On uniqueness for hyperbolic half-wave maps in dimension $d \geq 3$

TL;DR

This paper proves a uniqueness result for the half-wave maps equation in dimensions three and higher, using geometric embeddings and energy estimates, which advances understanding of these equations in mathematical physics.

Contribution

It establishes a new uniqueness theorem for half-wave maps in higher dimensions with hyperbolic target, employing geometric and analytical techniques.

Findings

Proved uniqueness in the natural energy class for half-wave maps in $d \, \geq \, 3$.

Utilized Nash embedding and fractional calculus tools in the proof.

Applied Grönwall inequality to conclude the argument.

Abstract

Half-wave maps appear in the physics literature as the continuum limit of Calogero-Moser spin systems.

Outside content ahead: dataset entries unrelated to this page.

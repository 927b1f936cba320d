-- ===== src/CommonLog/Handler.antt =====
-- common-log-module/src/handler.rs: the tokens of a log line, collected in two phases.
pub mod Complete
use pandora_web_server.Base.{
  ℕ, Bool, Option, none, some, ◌>>=◌, Bytes, List, [], ◌∷◌, ◌++◌, codes, is_empty, if◌then◌else◌,
}
use pandora_web_server.CommonLog.Fields.{
  LogField, skipped, remote_addr, remote_port, remote_name, time_local, time_iso, request, status,
  bytes_sent, processing_time, request_header, response_header, CommonLogConf,
}

-- `LogToken`, with the type of socket addresses and that of times.
pub data LogToken (A T : Type 0) : Type 0 where
  no_value : LogToken A T
  address : A → LogToken A T
  port : A → LogToken A T
  name : Bytes → LogToken A T
  local : LogToken A T
  iso : LogToken A T
  request_line : Bytes → LogToken A T
  status_code : ℕ → LogToken A T
  sent : ℕ → LogToken A T
  duration : T → LogToken A T
  header : Bytes → LogToken A T

-- What the session has when the request arrives.
pub record Arrived (H A : Type 0) : Type 0 where
  pub client_addr : Option A
  pub method : Bytes
  pub original_path_and_query : Option Bytes
  pub version : Bytes
  pub request_header_value : H → Option Bytes

-- What the session has at its end: the response's status and headers if one was written.
pub record Finished (H T : Type 0) : Type 0 where
  pub remote_user : Option Bytes
  pub response_status : Option ℕ
  pub response_header_value : H → Option Bytes
  pub body_bytes_sent : ℕ
  pub elapsed : Option T

abbrev token_of : {A T V : Type 0} → (V → LogToken A T) → Option V → LogToken A T
token_of make none = no_value
token_of make (some value) = make value

abbrev or_empty : Option Bytes → Bytes
or_empty none = []
or_empty (some text) = text

-- `format!("{method} {uri} {version:?}")`.
abbrev line_of : {H A : Type 0} → Arrived H A → Bytes
line_of session =
    session.method
    ++ codes " "
    ++ or_empty session.original_path_and_query
    ++ codes " "
    ++ session.version

-- `existing_tokens.next().unwrap()`: `none` is the panic.
abbrev next_token :
    {A T : Type 0} → List (LogToken A T) → Option (LogToken A T × List (LogToken A T))
next_token [] = none
next_token (token ∷ tokens) = some (token, tokens)

module _ {H A T : Type 0} where
  -- The body of the loop of `request_filter`; `none` is `continue`.
  unfoldable pub early_token : Arrived H A → LogField H → Option (LogToken A T)
  early_token session skipped = some no_value
  early_token session remote_addr = some (token_of address session.client_addr)
  early_token session remote_port = some (token_of port session.client_addr)
  early_token session time_local = some local
  early_token session time_iso = some iso
  early_token session request = some (request_line (line_of session))
  early_token session (request_header h) = some (token_of header (session.request_header_value h))
  early_token session remote_name = none
  early_token session status = none
  early_token session bytes_sent = none
  early_token session processing_time = none
  early_token session (response_header h) = none

  unfoldable pub early_tokens : Arrived H A → List (LogField H) → List (LogToken A T)
  unfolding early_token
  early_tokens session [] = []
  early_tokens session (field ∷ fields) =
      let rest = early_tokens session fields in
      elim (early_token session field) [ none ↦ rest | some token ↦ token ∷ rest ]

  -- `request_filter`: the tokens in the context. Without a file nothing is logged.
  unfoldable pub request_filter : CommonLogConf H → Arrived H A → List (LogToken A T)
  unfolding early_tokens
  request_filter conf session =
      if is_empty conf.log_file then [] else early_tokens session conf.log_format

  -- The fields that `logging` adds; `none` is a token that was added before.
  unfoldable pub late_token : Finished H T → LogField H → Option (LogToken A T)
  late_token session remote_name = some (token_of name session.remote_user)
  late_token session status = some (token_of status_code session.response_status)
  late_token session bytes_sent = some (sent session.body_bytes_sent)
  late_token session processing_time = some (token_of duration session.elapsed)
  late_token session (response_header h) = some (token_of header (session.response_header_value h))
  late_token session skipped = none
  late_token session remote_addr = none
  late_token session remote_port = none
  late_token session time_local = none
  late_token session time_iso = none
  late_token session request = none
  late_token session (request_header h) = none

  -- The loop of `logging`.
  unfoldable pub all_tokens :
      Finished H T → List (LogField H) → List (LogToken A T) → Option (List (LogToken A T))
  unfolding late_token
  all_tokens session [] existing = some []
  all_tokens session (field ∷ fields) existing = elim (late_token session field) [
    | some token ↦ all_tokens session fields existing >>= λ tokens. some (token ∷ tokens)
    | none ↦ next_token existing >>= λ next.
        all_tokens session fields next.1 >>= λ tokens. some (next.0 ∷ tokens)
  ]

-- What `logging` does.
pub data Logged (A T : Type 0) : Type 0 where
  disabled : Logged A T
  panicked : Logged A T
  -- the message to the writer
  line : Bytes → List (LogToken A T) → Logged A T

abbrev message : {A T : Type 0} → Bytes → Option (List (LogToken A T)) → Logged A T
message log_file none = panicked
message log_file (some tokens) = line log_file tokens

module _ {H A T : Type 0} where
  unfoldable pub logging : CommonLogConf H → Finished H T → List (LogToken A T) → Logged A T
  unfolding all_tokens
  logging conf session tokens =
      if is_empty conf.log_file
      then disabled
      else message conf.log_file (all_tokens session conf.log_format tokens)
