-- ===== src/CommonLog/Handler/Complete.antt =====
-- Every field of the format has its token in the log line.
use pandora_web_server.Base.{
  ◌≡◌, refl, ap, ◌∙◌, ◌⊎◌, inl, inr, Option, none, some, List, [], ◌∷◌, or, is_empty, false,
}
use pandora_web_server.CommonLog.Fields.{
  LogField, skipped, remote_addr, remote_port, remote_name, time_local, time_iso, request, status,
  bytes_sent, processing_time, request_header, response_header, CommonLogConf,
}
use pandora_web_server.CommonLog.Handler.{
  LogToken, no_value, Arrived, Finished, early_token, early_tokens, late_token, all_tokens,
  request_filter, line, logging,
}

module _ {H A T : Type 0} (arrived : Arrived H A) (finished : Finished H T) where
  -- The token of a field, whichever phase it is from.
  abbrev pub field_token : LogField H → LogToken A T
  unfolding early_token late_token
  field_token field = elim (or (early_token arrived field) (late_token finished field)) [
    | none ↦ no_value
    | some token ↦ token
  ]

  abbrev pub field_tokens : List (LogField H) → List (LogToken A T)
  unfolding field_token
  field_tokens [] = []
  field_tokens (field ∷ fields) = field_token field ∷ field_tokens fields

  abbrev IsAbsent : Option (LogToken A T) → Type 0
  IsAbsent o = o ≡ none

  -- Exactly one of the phases has the token.
  phase :
      (field : LogField H)
      → ((early_token arrived field ≡ some (field_token field))
          × IsAbsent (late_token {A = A} finished field))
        ⊎ (IsAbsent (early_token {T = T} arrived field)
            × (late_token finished field ≡ some (field_token field)))
  unfolding early_token late_token
  phase skipped = inl (refl, refl)
  phase remote_addr = inl (refl, refl)
  phase remote_port = inl (refl, refl)
  phase time_local = inl (refl, refl)
  phase time_iso = inl (refl, refl)
  phase request = inl (refl, refl)
  phase (request_header h) = inl (refl, refl)
  phase remote_name = inr (refl, refl)
  phase status = inr (refl, refl)
  phase bytes_sent = inr (refl, refl)
  phase processing_time = inr (refl, refl)
  phase (response_header h) = inr (refl, refl)

  early_step :
      (field : LogField H) (fields : List (LogField H)) (token : LogToken A T)
      → early_token arrived field ≡ some token
      → early_tokens arrived (field ∷ fields) ≡ token ∷ early_tokens arrived fields
  unfolding early_tokens
  early_step field fields token h = rw (h, early_tokens) refl

  early_skip :
      (field : LogField H) (fields : List (LogField H))
      → IsAbsent (early_token {T = T} arrived field)
      → ◌≡◌ {A = List (LogToken A T)}
          (early_tokens arrived (field ∷ fields))
          (early_tokens arrived fields)
  unfolding early_tokens
  early_skip field fields h = rw (h, early_tokens) refl

  late_step :
      (field : LogField H) (fields : List (LogField H)) (token : LogToken A T)
      (existing rest : List (LogToken A T))
      → late_token finished field ≡ some token
      → all_tokens finished fields existing ≡ some rest
      → all_tokens finished (field ∷ fields) existing ≡ some (token ∷ rest)
  unfolding all_tokens
  late_step field fields token existing rest h k = rw (h, all_tokens) (rw k refl)

  late_next :
      (field : LogField H) (fields : List (LogField H)) (token : LogToken A T)
      (existing rest : List (LogToken A T))
      → IsAbsent (late_token {A = A} finished field)
      → all_tokens finished fields existing ≡ some rest
      → all_tokens finished (field ∷ fields) (token ∷ existing) ≡ some (token ∷ rest)
  unfolding all_tokens
  late_next field fields token existing rest h k = rw (h, all_tokens) (rw k refl)

  all_tokens-early_tokens :
      (fields : List (LogField H))
      → all_tokens finished fields (early_tokens arrived fields) ≡ some (field_tokens fields)
  unfolding all_tokens early_tokens
  all_tokens-early_tokens [] = refl
  all_tokens-early_tokens (field ∷ fields) = elim (phase field) [
    | inl (early, late) ↦
        ap (all_tokens finished (field ∷ fields)) (early_step field fields _ early)
        ∙ late_next field fields _ _ _ late (all_tokens-early_tokens fields)
    | inr (early, late) ↦
        ap (all_tokens finished (field ∷ fields)) (early_skip field fields early)
        ∙ late_step field fields _ _ _ late (all_tokens-early_tokens fields)
  ]

  -- With a log file, `logging` after `request_filter` does not panic, and sends a line that has
  -- the token of every field of the format, in the format's order.
  pub logging-request_filter :
      (conf : CommonLogConf H)
      → is_empty conf.log_file ≡ false
      → logging conf finished (request_filter conf arrived)
        ≡ line conf.log_file (field_tokens conf.log_format)
  unfolding logging request_filter
  logging-request_filter conf enabled = rw (enabled, all_tokens-early_tokens conf.log_format) refl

We obtain a uniqueness result for the Half-Wave Maps equation in dimension $d \ge 3$ in the natural energy class with $\mathbb{H}^2$ target. In the proof, we differentiate in time to arrive at a wave-type equation and isometrically embed $\mathbb{H}^2$ into some $\mathbb{R}^m$ using the Nash embedding theorem. Relying on geometric properties of $\mathbb{H}^2$, combined with fractional Leibniz rules and commutator estimates, we then use a Gr\"{o}nwall inequality argument to obtain uniqueness.